What does it involve?
A cornea transplant is a surgical treatment used to treat changes in transparency or morphology of the cornea.
Which patients and diseases are suitable for such treatment?
A cornea transplant is mainly practised in those cases with a loss of corneal transparency. Some of the most common causes include: Anterior or posterior corneal dystrophies (Fuchs' endothelial dystrophy), infectious diseases, such as bacterial keratitis or herpes simplex keratitis, inflammatory corneal ulcers, thermal or chemical burns, corneal trauma.
A cornea transplant is also practised in those cases with a change in corneal morphology. Corneal ectatic disorders, such as keratoconus or pellucid marginal degeneration.
What is the technical procedure like?
There are different types of transplant depending on which layer of the cornea is affected. The procedure can be full-thickness, affecting all its layers, or lamellar, when only part of the corneal structure is transplanted.

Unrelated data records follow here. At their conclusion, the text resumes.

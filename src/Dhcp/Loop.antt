-- ===== src/Dhcp/Loop.antt =====
-- What ends the server's loop.
use teleskop.Common.{ℕ, zero, suc, ⊤, ◌≡◌, refl, Bool, true, false, Option, if◌then◌else◌}
use teleskop.Dhcp.Packet.{Packet, Constants, Interface, DhcpLease, Wire}
use teleskop.Dhcp.Server.{answer, handle, serve_rounds}
use teleskop.Go.Action.{Action, pure, continue, either, on_error}
use teleskop.Go.Error.{Error, Outcome, ok, err, panic, or_else, wrapped}
use teleskop.Go.Net.{Net}

-- A call that returns no error: it may panic.
record NoError {W A : Type 0} (m : Action W A) : Type 0 where
  pub at : (w : W) (e : Error) → (m w).0 ≡ err e → ⊥

module _ {W A B : Type 0} where
  either-NoError :
      (o : Outcome A) (w : W) (failed : Error → Action W B) (f : A → Action W B) (e : Error)
      → ((e' : Error) → NoError (failed e'))
      → ((a : A) → NoError (f a))
      → (either o failed f w).0 ≡ err e
      → ⊥
  either-NoError (ok a) w failed f e hm hf h = (hf a).at w e h
  either-NoError (err e') w failed f e hm hf h = (hm e').at w e h
  either-NoError panic w failed f e hm hf h = cc

  NoError-on_error :
      (m : Action W A) (failed : Error → Action W B) (f : A → Action W B)
      → ((e : Error) → NoError (failed e))
      → ((a : A) → NoError (f a))
      → NoError (on_error m failed f)
  NoError-on_error m failed f hm hf = record {
    at = λ w e h. either-NoError (m w).0 (m w).1 failed f e hm hf h;
  }

NoError-pure : {W A : Type 0} (a : A) → NoError {W = W} (pure a)
NoError-pure a = record { at = λ w e h. cc }

NoError-if :
    {W A : Type 0} (b : Bool) (m n : Action W A)
    → NoError m
    → NoError n
    → NoError (if b then m else n)
NoError-if true m n hm hn = hm
NoError-if false m n hm hn = hn

module _ {Host : Type 0} (net : Net) (constants : Constants) (wire : Wire Host) where
  ruleset going_on = (NoError-pure, NoError-if, NoError-on_error)

  answer-NoError :
      (intf : Interface) (req : Packet) (lease : Option DhcpLease)
      → NoError (answer net constants wire intf req lease)
  unfolding answer
  answer-NoError intf req lease = search going_on

  handle-NoError : (packet : Packet × Interface) → NoError (handle net constants wire packet)
  unfolding handle
  handle-NoError (req, intf) = search (going_on, answer-NoError)

  -- The cause of an error of the loop.
  pub record Received (e : Error) : Type 0 where
    pub host : Host
    pub cause : Error
    pub failed : (wire.recv_dhcp host).0 ≡ err cause
    pub reported : e ≡ wrapped "failed to receive DHCP request: %w" cause

  recv_step :
      (o : Outcome (Packet × Interface)) (w w' : Host) (n : Packet × Interface → Action Host ⊤)
      (e : Error)
      → (wire.recv_dhcp w).0 ≡ o
      → ((p : Packet × Interface) (v : Host) → (n p v).0 ≡ err e → Received e)
      → (continue (or_else o (wrapped "failed to receive DHCP request: %w")) n w').0 ≡ err e
      → Received e
  recv_step (ok p) w w' n e r hn h = hn p w' h
  recv_step (err cause) w w' n e r hn h = record {
    host = w;
    cause = cause;
    failed = r;
    reported = cc;
  }
  recv_step panic w w' n e r hn h = cc

  after_step :
      (o : Outcome ⊤) (w : Host) (n : Action Host ⊤) (e : Error)
      → (o ≡ err e → ⊥)
      → ((v : Host) → (n v).0 ≡ err e → Received e)
      → (continue o (λ _. n) w).0 ≡ err e
      → Received e
  after_step (ok a) w n e never hn h = hn w h
  after_step (err e') w n e never hn h = absurd (never h)
  after_step panic w n e never hn h = cc

  -- The loop of ListenAndServe returns an error only where RecvDHCP has returned it: a failed lookup of
  -- the lease, a response that cannot be made and a failed SendDHCP do not end it.
  pub serve_rounds_error :
      (rounds : ℕ) (w : Host) (e : Error)
      → (serve_rounds net constants wire rounds w).0 ≡ err e
      → Received e
  unfolding serve_rounds
  serve_rounds_error zero w e h = cc
  serve_rounds_error (suc rounds) w e h =
      recv_step (wire.recv_dhcp w).0 w (wire.recv_dhcp w).1 _ e refl
        (λ p v.
          after_step (handle net constants wire p v).0 (handle net constants wire p v).1
            (serve_rounds net constants wire rounds) e ((handle-NoError p).at v e)
            (λ u. serve_rounds_error rounds u e))
        h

Full-thickness transplant: when all layers of the cornea are affected
Anterior lamellar transplant: when only the most superficial (surface) layers of the cornea are affected
Lamellar endothelial transplant: DSAEK. When the innermost layer of the cornea is affected
Is there any major risk?
The main risks in a corneal transplant are: infection or bleeding (as with any type of ophthalmic surgery) and rejection (only in the case of full-thickness transplant or lamellar endothelial transplant).
Is it a good idea to have any tests done before the operation?
The cornea is a non-vascular tissue and therefore the risk of rejection is very low. No compatibility tests or matching of the patient and the corneal tissue to be implanted are required.
However, the usual pre-op study for any operation must include serum antibody testing for infections such as: HIV, hepatitis, syphilis.
What is the post-operative period like?
Cornea transplants are performed as day (outpatient) surgery, i.e. with no stay in hospital. Post-operative care following full-thickness transplant or anterior lamellar transplant surgery requires modified bed rest for approximately the first 5 days.
Endothelial transplant requires complete bed rest, lying face up for 24 hours, to guarantee correct positioning of the transplanted corneal graft. This is because an air bubble holds the endotelial flap of the corneal graft in place until it has finally adhered.
What are the possible outcomes?
The outcomes of corneal transplant are very good, resulting in restored transparency and visual function in most cases.
In full-thickness or anterior lamellar transplant, which require numerous stitches, visual recovery is susceptible to suture-related post-operative astigmatism and therefore optimum vision is sometimes not achieved for up to 9 months after the operation. In the case of endothelial transplants, visual recovery is faster, with optimum vision achieved in approximately 1-2 months.